# Goal of the exercise
Work out how many lines of the listing below mention the word "them", and give only that figure.

# Given records
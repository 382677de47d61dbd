-- ===== src/Storage/Interface.antt =====
-- The interface of the stores, with the behaviour that their documentation promises.
use mathlib.Core.List.{Perm}
use eventsphere.Prelude.{ℕ, ◌<◌, ◌≡◌, Option, none, some, List, [], ◌∷◌, ◌==◌, if◌then◌else◌, false}

module _ {V : Type 0} where
  -- No row of the list has this key.
  abbrev pub Absent : ℕ → List (ℕ × V) → Type 0
  Absent k [] = Unit
  Absent k ((j, v) ∷ rest) = ((j == k) ≡ false) × Absent k rest

  -- The list holds rows that are stored, each once.
  abbrev pub Listed : (ℕ → Option V) → List (ℕ × V) → Type 0
  Listed stored [] = Unit
  Listed stored ((k, v) ∷ rest) = (stored k ≡ some v) × Absent k rest × Listed stored rest

pub record Storage : Type 1 where
  pub Table : Type 0 → Type 0
  pub empty : {V : Type 0} → Table V
  -- SELECT by primary key
  pub get : {V : Type 0} → Table V → ℕ → Option V
  -- INSERT of a row, or UPDATE of the row that has this key
  pub put : {V : Type 0} → Table V → ℕ → V → Table V
  pub delete : {V : Type 0} → Table V → ℕ → Table V
  -- SELECT with no WHERE: the rows in some order, with their keys
  pub rows : {V : Type 0} → Table V → List (ℕ × V)
  pub get-empty : {V : Type 0} (k : ℕ) → get (empty {V = V}) k ≡ none
  pub rows-empty : {V : Type 0} → rows (empty {V = V}) ≡ []
  pub get-put :
      {V : Type 0} (t : Table V) (k j : ℕ) (v : V)
      → get (put t k v) j ≡ (if k == j then some v else get t j)
  pub get-delete :
      {V : Type 0} (t : Table V) (k j : ℕ) → get (delete t k) j ≡ (if k == j then none else get t j)
  pub rows-insert :
      {V : Type 0} (t : Table V) (k : ℕ) (v : V)
      → get t k ≡ none
      → Perm (rows (put t k v)) ((k, v) ∷ rows t)
  pub rows-update :
      {V : Type 0} (t : Table V) (k : ℕ) (old v : V)
      → get t k ≡ some old
      → Perm ((k, old) ∷ rows (put t k v)) ((k, v) ∷ rows t)
  pub rows-Listed : {V : Type 0} (t : Table V) → Listed (get t) (rows t)
  -- SQLAlchemy's counter for a `version_id_col`: the value of the first INSERT, and the next one
  pub first_version : ℕ
  pub next_version : ℕ → ℕ
  pub lt-next_version : (v : ℕ) → v < next_version v
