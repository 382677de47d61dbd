-- ===== src/Storage.antt =====
-- What the services rely on of their stores: tables whose rows are read and written by primary
-- key, and listed. PostgreSQL, SQLAlchemy and Redis are not part of the repository, so this is an
-- interface that every component takes as an instance argument. `Assoc` fills it by association
-- lists, and `Totals` has the sums over the rows of a table, `Listing` what queries keep of them.
mod Interface
pub mod Listing
pub mod Assoc
pub mod Totals
pub mod Single
pub use Interface.{Storage, Absent, Listed}
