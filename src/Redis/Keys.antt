-- ===== src/Redis/Keys.antt =====
-- The keys: `lock:event:{id}` (services/inventory/app/services/inventory_service.py),
-- `refresh:{jti}` (services/api/app/services/auth_service.py) and `ratelimit:{host}:{window}`
-- (services/api/app/core/rate_limit.py).
use eventsphere.Prelude.{ℕ, Bool, true, false, ◌&&◌, ◌==◌, ◌≡◌, arith}

pub data Key : Type 0 where
  lock_event : ℕ → Key
  refresh : ℕ → Key
  ratelimit : ℕ → ℕ → Key

abbrev pub same_key : Key → Key → Bool
same_key (lock_event a) (lock_event b) = a == b
same_key (refresh a) (refresh b) = a == b
same_key (ratelimit a i) (ratelimit b j) = a == b && i == j
same_key _ _ = false

pub same_key_self : (k : Key) → same_key k k ≡ true
same_key_self (lock_event a) = ground arith
same_key_self (refresh a) = ground arith
same_key_self (ratelimit a i) = ground arith
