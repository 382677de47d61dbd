-- ===== src/Redis/Interface.antt =====
-- The interface of Redis, with the behaviour that its documentation promises.
use eventsphere.Prelude.{ℕ, ◌+◌, ◌≤◌, ◌≡◌, Option, none, some, ltb, if◌then◌else◌}
use eventsphere.Redis.Keys.{Key, same_key}

-- `value s now k` is what GET k answers at the time `now`.
pub record Redis : Type 1 where
  pub State : Type 0
  pub value : State → ℕ → Key → Option ℕ
  -- SET k v PX ttl
  pub set : State → ℕ → Key → ℕ → ℕ → State
  pub del : State → Key → State
  -- INCR k: a key that is not there counts from 0
  pub incr : State → ℕ → Key → State
  -- EXPIRE k, in milliseconds
  pub expire : State → ℕ → Key → ℕ → State
  pub value-set :
      (s : State) (now t : ℕ) (k j : Key) (v ttl : ℕ)
      → now ≤ t
      → value (set s now k v ttl) t j
        ≡ (if same_key k j then (if ltb t (now + ttl) then some v else none) else value s t j)
  pub value-del :
      (s : State) (t : ℕ) (k j : Key)
      → value (del s k) t j ≡ (if same_key k j then none else value s t j)
  pub value-incr :
      (s : State) (now : ℕ) (k j : Key)
      → value (incr s now k) now j ≡ (
          if same_key k j
          then some (elim (value s now k) [ none ↦ 1 | some n ↦ n + 1 ])
          else value s now j)
  pub value-expire :
      (s : State) (now t : ℕ) (k j : Key) (ttl : ℕ)
      → now ≤ t
      → value (expire s now k ttl) t j ≡ (
          if same_key k j then (if ltb t (now + ttl) then value s now k else none) else value s t j)
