-- ===== src/Redis.antt =====
-- What the services rely on of Redis, as its documentation has it: values with a time to live,
-- over the keys that the code builds. Times are milliseconds.
pub mod Keys
mod Interface
pub mod Memory
pub use Interface.{Redis}
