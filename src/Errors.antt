-- ===== src/Errors.antt =====
-- services/shared/errors.py: the domain exceptions, and how Python code raises and returns.
use eventsphere.Prelude.{inr, inl, ◌⊎◌, ◌≡◌, refl, Option, none, some}

-- The exceptions that the modelled code raises. The first seven are the classes of errors.py
-- (`domain` is the base class); the others are raised by the language, the ORM and the lock.
-- Messages are left out: nothing branches on them.
pub data Error : Type 0 where
  not_found conflict capacity_exceeded validation authentication authorization domain : Error
  value_error key_error runtime_error stale_data integrity lock_acquisition multiple_results kafka
        jwt_expired jwt_invalid :
      Error

pub data Result {ℓ} (A : Type ℓ) : Type ℓ where
  ok : A → Result A
  err : Error → Result A

-- A call that may raise, with the state that it leaves in either case.
abbrev pub Action {ℓ} : Type ℓ → Type ℓ → Type ℓ
Action S A = S → Result A × S

module _ {ℓ} {S A : Type ℓ} where
  abbrev pub pure : A → Action S A
  pure a s = (ok a, s)

  abbrev pub raise : Error → Action S A
  raise e s = (err e, s)

  abbrev pub or_raise : Option A → Error → Action S A
  or_raise none e = raise e
  or_raise (some a) e = pure a

module _ {ℓ} {S A B : Type ℓ} where
  abbrev pub continue : Result A × S → (A → Action S B) → Result B × S
  continue (ok a, s) f = f a s
  continue (err e, s) f = (err e, s)

  infixl 5 ◌>>=◌
  abbrev pub ◌>>=◌ : Action S A → (A → Action S B) → Action S B
  ◌>>=◌ m f s = continue (m s) f

module _ {ℓ} {S A : Type ℓ} where
  pub Result-cases :
      (out : Result A × S)
      → ((a : A) × (s : S) × (out ≡ (ok a, s))) ⊎ ((e : Error) × (s : S) × (out ≡ (err e, s)))
  Result-cases (ok a, s) = inl (a, s, refl)
  Result-cases (err e, s) = inr (e, s, refl)
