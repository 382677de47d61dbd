-- ===== src/Enums.antt =====
-- services/shared/enums.py: the statuses and roles, with the comparisons that the code makes.
use eventsphere.Prelude.{Bool, true, false}

pub data UserRole : Type 0 where
  attendee organizer admin : UserRole

pub data OrderStatus : Type 0 where
  pending confirmed cancelled expired : OrderStatus

pub data ReservationStatus : Type 0 where
  pending confirmed released expired : ReservationStatus

-- `==` on the members of each enum.
abbrev pub same_role : UserRole → UserRole → Bool
same_role UserRole.attendee UserRole.attendee = true
same_role UserRole.organizer UserRole.organizer = true
same_role UserRole.admin UserRole.admin = true
same_role _ _ = false

abbrev pub same_order_status : OrderStatus → OrderStatus → Bool
same_order_status OrderStatus.pending OrderStatus.pending = true
same_order_status OrderStatus.confirmed OrderStatus.confirmed = true
same_order_status OrderStatus.cancelled OrderStatus.cancelled = true
same_order_status OrderStatus.expired OrderStatus.expired = true
same_order_status _ _ = false

abbrev pub same_status : ReservationStatus → ReservationStatus → Bool
same_status ReservationStatus.pending ReservationStatus.pending = true
same_status ReservationStatus.confirmed ReservationStatus.confirmed = true
same_status ReservationStatus.released ReservationStatus.released = true
same_status ReservationStatus.expired ReservationStatus.expired = true
same_status _ _ = false
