-- ===== src/Lib.antt =====
-- FinnApiGo: an authentication service in Go, with tenants, rotating refresh tokens, a second
-- factor, a shared store of counters and locks, and background jobs of which one replica runs each.
--
-- The parts and the files that model them (paths from the root of the repository):
-- - internal/store/store.go, security.go: Store.antt. The map with expiry, one function per method,
--   at the time that the method reads. Store/Spec.antt is the contract: a map in which an expired
--   entry is absent; Store/Refine.antt and Store/History.antt relate the two, and Store/Window.antt
--   is about counters and keys that are taken once.
-- - internal/jobs/leader.go: Jobs.antt (`isLeader`, `releaseLock`, `loop`), on the store.
-- - internal/middleware/semaphore.go, rate_limit.go: Middleware/Semaphore.antt and
--   Middleware/RateLimit.antt. auth.go, mfa_pending.go, sudo.go and rbac.go: Middleware/Access.antt,
--   where a handler answers `abort` or `next`. tenant.go: Middleware/Tenant.antt.
-- - internal/models: Models.antt. internal/repositories: Repositories.antt, one child per file; each
--   statement is an action on the tables of Database.antt, bound to a tenant as scope.go binds it.
-- - internal/jwt/jwt.go, v1.go: Jwt.antt, Jwt/Keys.antt (issue, verify) and Jwt/Contract.antt (the
--   checks on a v1 access token).
-- - internal/identity/state.go: Identity.antt (`Check`, `RevokeAccess`, `Suspend`).
-- - internal/crypto/crypto.go: Crypto.antt.
-- - internal/services/auth_service.go: Services.antt with Services/Support.antt (calls of the store,
--   of internal/hash and of the audit trail), Services/Tokens.antt (denylists, password version,
--   single-use tokens, `applyCredentialChange`), Services/Issue.antt (`issueTokenPair`),
--   Services/Refresh.antt (`Refresh`, `Logout`, `LogoutAll`, `RevokeSession`), Services/Login.antt
--   (`Login`, `CompleteMFALogin`, the lockout), Services/Passwords.antt, Services/Accounts.antt
--   (`Register`, `ForgotPassword`, `ResendVerifyEmail`, change of email) and Services/Closure.antt
--   (`DeactivateAccount`, `EraseAccount`, `ListSessions`).
--   totp_service.go: Services/Totp.antt (seals, guards, counters, recovery codes), with
--   Services/Totp/Enrol.antt (`Enable`, `VerifyEnable`) and Services/Totp/Validate.antt (the rest).
--   oauth_service.go: Services/Oauth.antt; passkey_service.go: Services/Passkeys.antt;
--   admin_service.go: Services/Admin.antt; trusted_device_service.go: Services/TrustedDevices.antt;
--   webhook_service.go: Services/Webhooks.antt.
--   async_audit.go: Services/AsyncAudit.antt, where callers, worker and Close are interleaved steps.
--   A long handler is cut into named parts where its code has paragraphs; the handler composes them.
--
-- How state and operations correspond: a request is an action on one World, which holds the tables,
-- the shared store, the audit rows and mails that have left, and a list of faults, which says of
-- each call of the database in turn whether it fails. A failed call changes nothing, and a
-- transaction that fails changes nothing at all. Interleavings are sequences of such steps. The
-- context's tenant is the argument `tid`; a request reads the clock once, as `now`, while each
-- call of the leader's runner has its own time. Times count nanoseconds. A goroutine that sends a
-- mail sends it at once. Int64 counters wrap around (Prelude/Int64.antt).
--
-- Parameters, with no definition here: the token bucket (golang.org/x/time/rate), signing and
-- parsing of tokens (golang-jwt), base64 and JSON decoding, bcrypt, SHA-256, AES-GCM, one-time
-- passwords (pquerna/otp), WebAuthn ceremonies, Google's exchange and token verifier, parsing of
-- URLs, name resolution and HTTP, random numbers, zxcvbn, the breach screen, the captcha, device and
-- location labels, the delivery of mail, and the canonical form of an address.
--
-- Bounds: no definition runs on fuel but the printing of a number, whose 20 digits hold every 64-bit
-- number. Row numbers, versions and counts of attempts do not wrap.
--
-- Not modelled: HTTP handlers and routes, the Redis store (its scripts run elsewhere), configuration,
-- the sending of mail, metrics output, tracing and migrations (input and output); the listing and
-- the export of the administrator, the durable outbox and the audit chain. The wrapper that admits
-- audit evidence around a handler is left out: a handler here is its body. The ASCII part of Unicode
-- case mapping is exact, and the rest is as said in Prelude/Text.antt.
pub mod Prelude
pub mod Store
pub mod Jobs
pub mod Middleware
pub mod Models
pub mod Crypto
pub mod Database
pub mod Repositories
pub mod Jwt
pub mod Identity
pub mod Services
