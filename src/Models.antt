-- ===== src/Models.antt =====
-- internal/models: the rows of the tables that the services read and write.
-- Times count nanoseconds; an id and a version is a number that does not wrap.
use finn_api_go.Prelude.{ℕ, String, Bool, Option}

pub record User : Type 0 where
  pub id : ℕ
  pub tenant_id : String
  pub username : String
  pub email : String
  -- The bcrypt hash; empty for an account that has only signed in by OAuth.
  pub password : String
  pub full_name : String
  pub role : String
  pub is_active : Bool
  pub is_email_verified : Bool
  pub failed_login_attempts : ℕ
  pub locked_until : Option ℕ
  pub auth_epoch : ℕ
  pub admin_suspended : Bool
  pub pwd_version : ℕ

pub record Session : Type 0 where
  pub id : String
  pub tenant_id : String
  pub user_id : ℕ
  pub ip_address : String
  pub user_agent : String
  pub device_name : String
  pub location_estimate : String
  pub revoked : Bool
  pub last_active_at : ℕ
  pub expires_at : ℕ

pub record RefreshToken : Type 0 where
  pub id : ℕ
  pub user_id : ℕ
  pub token_hash : String
  pub expires_at : ℕ
  pub revoked : Bool
  pub ip_address : String
  pub user_agent : String
  pub device_name : String
  pub location_estimate : String
  pub last_active_at : ℕ
  -- Empty for a row from before the session table.
  pub session_id : String

pub record UsedToken : Type 0 where
  pub jti : String
  pub token_type : String
  pub user_id : ℕ
  pub expires_at : ℕ

pub record Tenant : Type 0 where
  pub id : String
  pub is_active : Bool

pub record AccessRevocation : Type 0 where
  pub tenant_id : String
  pub jti : String
  pub expires_at : ℕ

pub record TotpDevice : Type 0 where
  pub id : ℕ
  pub user_id : ℕ
  pub secret : String
  pub secret_encrypted : String
  pub pending_secret_encrypted : String
  pub enabled : Bool

pub record RecoveryCode : Type 0 where
  pub id : ℕ
  pub user_id : ℕ
  pub code_hash : String
  pub code_encrypted : String
  pub used_at : Option ℕ

pub record OauthIdentity : Type 0 where
  pub id : ℕ
  pub user_id : ℕ
  pub provider : String
  pub provider_user_id : String

-- The credential id and the key are bytes, as texts.
pub record PasskeyCredential : Type 0 where
  pub id : ℕ
  pub user_id : ℕ
  pub credential_id : String
  pub public_key : String
  pub sign_count : ℕ
  pub display_name : String
  pub transports : String
  pub attestation_type : String
  pub last_used_at : Option ℕ
  pub revoked : Bool

pub record TrustedDevice : Type 0 where
  pub id : ℕ
  pub user_id : ℕ
  pub device_hash : String
  pub device_name : String
  pub ip_address : String
  pub last_used_at : Option ℕ
  pub expires_at : ℕ
  pub revoked : Bool
  pub created_at : ℕ

pub record WebhookEndpoint : Type 0 where
  pub id : String
  pub tenant_id : String
  pub url : String
  pub secret : String
  pub events : String
  pub is_active : Bool
  pub created_at : ℕ

pub data DeliveryStatus : Type 0 where
  pending failed delivered : DeliveryStatus

pub record WebhookDelivery : Type 0 where
  pub id : String
  pub endpoint_id : String
  pub event : String
  pub payload : String
  pub status : DeliveryStatus
  pub attempts : ℕ
  pub next_retry_at : Option ℕ
  pub response_status : Option ℕ
  pub error_msg : String
  pub created_at : ℕ
  pub updated_at : ℕ

pub record Role : Type 0 where
  pub id : ℕ
  pub tenant_id : String
  pub name : String

pub record Permission : Type 0 where
  pub id : ℕ
  pub name : String

pub record AuditLog : Type 0 where
  pub user_id : Option ℕ
  pub email : String
  pub event : String
  pub ip_address : String
  pub success : Bool
  pub detail : String

-- `RoleUser`, `RoleAdmin`
abbrev pub role_user : String
role_user = "user"

abbrev pub role_admin : String
role_admin = "admin"
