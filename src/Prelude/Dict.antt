-- ===== src/Prelude/Dict.antt =====
-- A Go map with string keys as an association list: `m[k]`, `m[k] = v`, `delete(m, k)`.
use Prim.Native.String.{String}
use mathlib.Core.List.{List, [], ◌∷◌}
use mathlib.Core.Option.{Option, none, some}
use mathlib.Core.Path.{◌≡◌, refl}
use native.Mathlib.Omega.{arith}
use text.Mathlib.Text.{◌==◌ as str_eq}
use text.Mathlib.TextEquality.{eq_iff}
use finn_api_go.Prelude.Tests.{if◌then◌else◌}

module _ {ℓ} {V : Type ℓ} where
  unfoldable pub lookup : String → List (String × V) → Option V
  lookup key [] = none
  lookup key (entry ∷ rest) = if str_eq entry.0 key then some entry.1 else lookup key rest

  unfoldable pub insert : String → V → List (String × V) → List (String × V)
  insert key value [] = (key, value) ∷ []
  insert key value (entry ∷ rest) =
      let after = insert key value rest in
      if str_eq entry.0 key then (key, value) ∷ rest else entry ∷ after

  -- Every entry under the key goes, so that no older one comes back.
  unfoldable pub erase : String → List (String × V) → List (String × V)
  erase key [] = []
  erase key (entry ∷ rest) =
      let after = erase key rest in if str_eq entry.0 key then after else entry ∷ after

  module _ (key other : String) where
    pub lookup-insert :
        (value : V) (entries : List (String × V))
        → lookup other (insert key value entries)
          ≡ (if str_eq key other then some value else lookup other entries)
    unfolding lookup insert
    lookup-insert value [] = refl
    lookup-insert value (entry ∷ rest) = ground (
      arith,
      lookup-insert value rest,
      eq_iff key other,
      eq_iff entry.0 other,
      eq_iff entry.0 key,
    )

    pub lookup-erase :
        (entries : List (String × V))
        → lookup other (erase key entries)
          ≡ (if str_eq key other then none else lookup other entries)
    unfolding lookup erase
    lookup-erase [] = ground arith
    lookup-erase (entry ∷ rest) =
        ground
          (arith, lookup-erase rest, eq_iff key other, eq_iff entry.0 other, eq_iff entry.0 key)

# Exercise output
4